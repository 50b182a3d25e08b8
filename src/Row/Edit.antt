-- ===== src/Row/Edit.antt =====
-- Editing the cells of one line: what `insert_blank`, `delete_chars`, `erase_chars` and the insert
-- mode of `input` in alacritty_terminal/src/term/mod.rs do to the row of the cursor.
use alacritty_pro.Prelude.{
  ℕ, zero, suc, ◌+◌, ◌-◌, min, Option, some, List, ◌++◌, leb, ◌>>=◌, ◌>>◌, assert, length,
  get_elem?, set, take, drop, replicate,
}
use alacritty_pro.Row.{Row, full_slice, fill_range}

module _ {T : Type 0} where
  -- `<[T]>::swap`
  unfoldable pub swap_cells : List T → ℕ → ℕ → Option (List T)
  swap_cells cells a b = do
    x ← get_elem? cells a
    y ← get_elem? cells b
    some (set (set cells a y) b x)

  -- `for offset in (0..n).rev() { row.swap(to + offset, from + offset) }`
  unfoldable pub shift_right : ℕ → ℕ → ℕ → List T → Option (List T)
  unfolding swap_cells
  shift_right zero to from cells = some cells
  shift_right (suc n) to from cells = swap_cells cells (to + n) (from + n) >>= shift_right n to from

  -- `for offset in 0..n { row.swap(from + offset, to + offset) }`
  unfoldable pub shift_left : ℕ → ℕ → ℕ → List T → Option (List T)
  unfolding swap_cells
  shift_left zero from to cells = some cells
  shift_left (suc n) from to cells = swap_cells cells from to >>= shift_left n (suc from) (suc to)

  -- `for cell in &mut row[left..right] { *cell = c }` on a slice
  unfoldable pub fill : ℕ → ℕ → T → List T → Option (List T)
  fill left right c cells = do
    assert (leb left right)
    assert (leb right (length cells))
    some (take left cells ++ (replicate (right - left) c ++ drop right cells))

  -- The row part of `insert_blank`, with the cursor at `column` and `blank` the cell of its background.
  unfoldable pub insert_blank : ℕ → T → ℕ → ℕ → Row T → Option (Row T)
  unfolding shift_right fill full_slice
  insert_blank columns blank column count row = do
    assert (leb column columns)
    let n = min count (columns - column)
    let destination = column + n
    cells ← shift_right (columns - destination) destination column row.inner
    cells' ← fill column destination blank cells
    some (record (full_slice row) { inner = cells' })

  -- The row part of `delete_chars`.
  unfoldable pub delete_chars : ℕ → T → ℕ → ℕ → Row T → Option (Row T)
  unfolding shift_left fill full_slice
  delete_chars columns blank column count row = do
    let n = min count columns
    let end = min (column + n) (columns - 1)
    cells ← shift_left (columns - end) column end row.inner
    cells' ← fill (columns - n) (length cells) blank cells
    some (record (full_slice row) { inner = cells' })

  -- The row part of `erase_chars`.
  unfoldable pub erase_chars : ℕ → T → ℕ → ℕ → Row T → Option (Row T)
  unfolding fill_range
  erase_chars columns blank column count row =
      fill_range row column (min (column + count) columns) blank
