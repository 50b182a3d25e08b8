-- ===== src/Term/Write.antt =====
-- The handlers of `Term` in alacritty_terminal/src/term/mod.rs that write characters: `wrapline`,
-- `write_at_cursor` and `input`, and `clear_line`. The width of a character, of the crate
-- `unicode_width`, and the mapping by the active character set, of the crate `vte`, are parameters.
use Prim.Native.Nat.{bit_or}
use alacritty_pro.Prelude.{
  ℕ, ◌+◌, ◌-◌, true, ◌&&◌, not, Option, none, some, leb, ltb, ◌==◌, if◌then◌else◌, ◌>>=◌,
}
use alacritty_pro.Prelude.Int.{ℤ, leb_ℤ, eq_ℤ}
use alacritty_pro.Index
use alacritty_pro.Index.{add_line, sub_line}
use alacritty_pro.Cell
use alacritty_pro.Cell.{Palette, space, cell_grid, push_zerowidth, clear_wide}
use alacritty_pro.Cell.Flags
use alacritty_pro.Cell.Flags.{contains, intersects, insert_flags, remove_flags}
use alacritty_pro.Row
use alacritty_pro.Row.{Row, GridCell, full_slice, fill_range}
use alacritty_pro.Row.Edit.{shift_right}
use alacritty_pro.Storage
use alacritty_pro.Grid.Defs.{dimensions}
use alacritty_pro.Term.{Term, place, no_wrap, cursor_line, cursor_column, damage_cursor, damage_row}
use alacritty_pro.Term.Lines.{linefeed, keep_selection}

pub data LineClearMode : Type 0 where
  right left all : LineClearMode

module _ {T : Type 0} where
  -- An edit of the row of a line.
  unfoldable pub edit_row : Term T → ℤ → (Row T → Option (Row T)) → Option (Term T)
  unfolding Storage.update
  edit_row t line f = do
    raw ← Storage.update t.grid.raw line f
    some (record t { grid = record t.grid { raw = raw } })

  -- A change of one cell, through the mutable reference to it.
  unfoldable pub edit_cell : ℕ → (T → T) → Row T → Option (Row T)
  unfolding Row.index Row.write
  edit_cell column f row = do c ← Row.index row column; Row.write row column (f c)

  unfoldable pub update_cell : Term T → ℤ → ℕ → (T → T) → Option (Term T)
  unfolding edit_row edit_cell
  update_cell t line column f = edit_row t line (edit_cell column f)

  unfoldable pub read_cell : Term T → ℤ → ℕ → Option T
  unfolding Storage.index Row.index
  read_cell t line column = do row ← Storage.index t.grid.raw line; Row.index row column

  -- The cells from the column on, moved `width` columns to the right.
  unfoldable pub insert_cells : ℕ → ℕ → ℕ → Row T → Option (Row T)
  unfolding shift_right full_slice
  insert_cells columns width column row = do
    cells ← shift_right (columns - width - column) (column + width) column row.inner
    some (record (full_slice row) { inner = cells })

  abbrev pub move_to_column : Term T → ℕ → Term T
  move_to_column t column = place t (record { line = cursor_line t; column = column })

  abbrev pub wrap_next : Term T → Term T
  wrap_next t = record t {
    grid = record t.grid { cursor = record t.grid.cursor { input_needs_wrap = true } };
  }

  -- To the next column, or to a pending wrap at the last one.
  unfoldable pub advance : Term T → Term T
  advance t =
      if ltb (cursor_column t + 1) t.grid.columns
      then move_to_column t (cursor_column t + 1)
      else wrap_next t

module _ {Color : Type 0} (palette : Palette Color) (Link : Type 0) where
  abbrev pub Screen : Type 0
  Screen = Term (Cell.Cell Color Link)

  -- The flags of the cursor's template, changed.
  abbrev pub template_flags : (ℕ → ℕ) → Screen → Screen
  template_flags f t = record t {
    grid = record t.grid {
      cursor = record t.grid.cursor {
        template = record t.grid.cursor.template { flags = f t.grid.cursor.template.flags };
      };
    };
  }

  unfoldable pub wrapline : Screen → Option Screen
  unfolding update_cell linefeed damage_cursor insert_flags
  wrapline t =
      let wrapped = (do
        t1 ←
            update_cell t (cursor_line t) (cursor_column t)
              (λ c. record c { flags = insert_flags c.flags Flags.wrapline })
        t2 ←
            if leb_ℤ t1.scroll_region.end (add_line (cursor_line t1) 1)
            then linefeed ⦃cell = cell_grid palette Link⦄ t1
            else damage_cursor t1 >>= (λ d.
              some
                (place d (record { line = add_line (cursor_line d) 1; column = cursor_column d })))
        damage_cursor (no_wrap (move_to_column t2 0))) in
      if t.line_wrap then wrapped else some t

  abbrev pub drop_flag : ℕ → Cell.Cell Color Link → Cell.Cell Color Link
  drop_flag flag c = record c { flags = remove_flags c.flags flag }

  -- The other half of a wide character, next to the cursor.
  unfoldable pub clear_half : Screen → ℕ → Option Screen
  unfolding update_cell contains remove_flags clear_wide
  clear_half t flags =
      let column = cursor_column t in
      let behind = update_cell t (cursor_line t) (column + 1) (drop_flag Flags.wide_char_spacer) in
      let in_front = update_cell t (cursor_line t) (column - 1) clear_wide in
      if contains flags Flags.wide_char && ltb column (Index.last_column (dimensions t.grid))
      then behind
      else if ltb 0 column
      then in_front
      else some t

  -- The placeholder at the end of the line above.
  unfoldable pub clear_leading : Screen → Option Screen
  unfolding update_cell remove_flags
  clear_leading t =
      let cleared =
        update_cell t (sub_line (cursor_line t) 1) (Index.last_column (dimensions t.grid))
          (drop_flag Flags.leading_wide_char_spacer) in
      if leb (cursor_column t) 1
        && not (eq_ℤ (cursor_line t) (Index.topmost_line (dimensions t.grid)))
      then cleared
      else some t

  -- The other cells of a wide character that the cursor's cell belongs to.
  unfoldable pub clear_related : Screen → ℕ → Option Screen
  unfolding clear_half clear_leading intersects
  clear_related t flags =
      let related = clear_half t flags >>= clear_leading in
      if intersects flags (bit_or Flags.wide_char Flags.wide_char_spacer) then related else some t

  module _ (char_map : ℕ → ℕ) where
    unfoldable pub write_at_cursor : Screen → ℕ → Option Screen
    unfolding read_cell clear_related update_cell
    write_at_cursor t c = do
      old ← read_cell t (cursor_line t) (cursor_column t)
      t' ← clear_related t old.flags
      update_cell t' (cursor_line t) (cursor_column t)
          (λ _. record t.grid.cursor.template { c = char_map c })

    -- A character written with a flag of its own.
    unfoldable pub write_flagged : Screen → ℕ → ℕ → Option Screen
    unfolding write_at_cursor insert_flags remove_flags
    write_flagged t flag c = do
      t' ← write_at_cursor (template_flags (λ f. insert_flags f flag) t) c
      some (template_flags (λ f. remove_flags f flag) t')

    unfoldable pub write_wide : Screen → ℕ → Option Screen
    unfolding write_flagged advance
    write_wide t c = do
      t1 ← write_flagged t Flags.wide_char c
      t2 ← write_flagged (move_to_column t1 (cursor_column t1 + 1)) Flags.wide_char_spacer space
      some (advance t2)

    unfoldable pub input_wide : Screen → ℕ → Option Screen
    unfolding write_wide wrapline write_flagged
    input_wide t c =
        let wrapped = (do
          t1 ← write_flagged t Flags.leading_wide_char_spacer space
          t2 ← wrapline t1
          write_wide t2 c) in
        let written = write_wide t c in
        if leb t.grid.columns (cursor_column t + 1)
        then (if t.line_wrap then wrapped else some (wrap_next t))
        else written

    unfoldable pub input_zero_width : Screen → ℕ → Option Screen
    unfolding read_cell contains update_cell push_zerowidth
    input_zero_width t c = do
      let column = if t.grid.cursor.input_needs_wrap then cursor_column t else cursor_column t - 1
      cell ← read_cell t (cursor_line t) column
      let target = if contains cell.flags Flags.wide_char_spacer then column - 1 else column
      update_cell t (cursor_line t) target (λ x. push_zerowidth x c)

    -- The insert mode, in front of writing.
    unfoldable pub make_room : Screen → ℕ → Option Screen
    unfolding edit_row insert_cells
    make_room t width =
        let shifted =
          edit_row t (cursor_line t) (insert_cells t.grid.columns width (cursor_column t)) in
        if t.insert_mode && ltb (cursor_column t + width) t.grid.columns then shifted else some t

    unfoldable pub input_wide_or_narrow : Screen → ℕ → ℕ → Option Screen
    unfolding write_at_cursor input_wide make_room wrapline advance
    input_wide_or_narrow t c width = do
      t1 ← if t.grid.cursor.input_needs_wrap then wrapline t else some t
      t2 ← make_room t1 width
      if width == 1 then write_at_cursor t2 c >>= (λ t3. some (advance t3)) else input_wide t2 c

    unfoldable pub input : (ℕ → Option ℕ) → Screen → ℕ → Option Screen
    unfolding input_zero_width input_wide_or_narrow
    input char_width t c = elim (char_width c) [
      | none ↦ some t
      | some width ↦ if width == 0 then input_zero_width t c else input_wide_or_narrow t c width
    ]

  -- The columns that `clear_line` clears, none where a pending wrap leaves nothing to clear.
  unfoldable pub cleared_columns : LineClearMode → Screen → Option (ℕ × ℕ)
  cleared_columns LineClearMode.right t =
      if t.grid.cursor.input_needs_wrap then none else some (cursor_column t, t.grid.columns)
  cleared_columns LineClearMode.left t = some (0, cursor_column t + 1)
  cleared_columns LineClearMode.all t = some (0, t.grid.columns)

  unfoldable pub clear_line : LineClearMode → Screen → Option Screen
  unfolding cleared_columns damage_row edit_row fill_range keep_selection
  clear_line mode t = elim (cleared_columns mode t) [
    | none ↦ some t
    | some (from, to) ↦ do
      t1 ← damage_row t (cursor_line t) from (to - 1)
      t2 ←
          edit_row t1 (cursor_line t1)
            (λ row. fill_range row from to (Cell.from_color palette Link t.grid.cursor.template.bg))
      some (record t2 {
        selection = keep_selection t2 (some (cursor_line t)) (some (cursor_line t));
      })
  ]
-.-.-
[Problem description] Given the records above, return exactly the lines starting at the line containing "let in_front = update_cell" and ending at the line containing "then cleared", including both.

[Output for this exercise]
      let in_front = update_cell t (cursor_line t) (column - 1) clear_wide in
      if contains flags Flags.wide_char && ltb column (Index.last_column (dimensions t.grid))
      then behind
      else if ltb 0 column
      then in_front
      else some t

  -- The placeholder at the end of the line above.
  unfoldable pub clear_leading : Screen → Option Screen
  unfolding update_cell remove_flags
  clear_leading t =
      let cleared =
        update_cell t (sub_line (cursor_line t) 1) (Index.last_column (dimensions t.grid))
          (drop_flag Flags.leading_wide_char_spacer) in
      if leb (cursor_column t) 1
        && not (eq_ℤ (cursor_line t) (Index.topmost_line (dimensions t.grid)))
      then cleared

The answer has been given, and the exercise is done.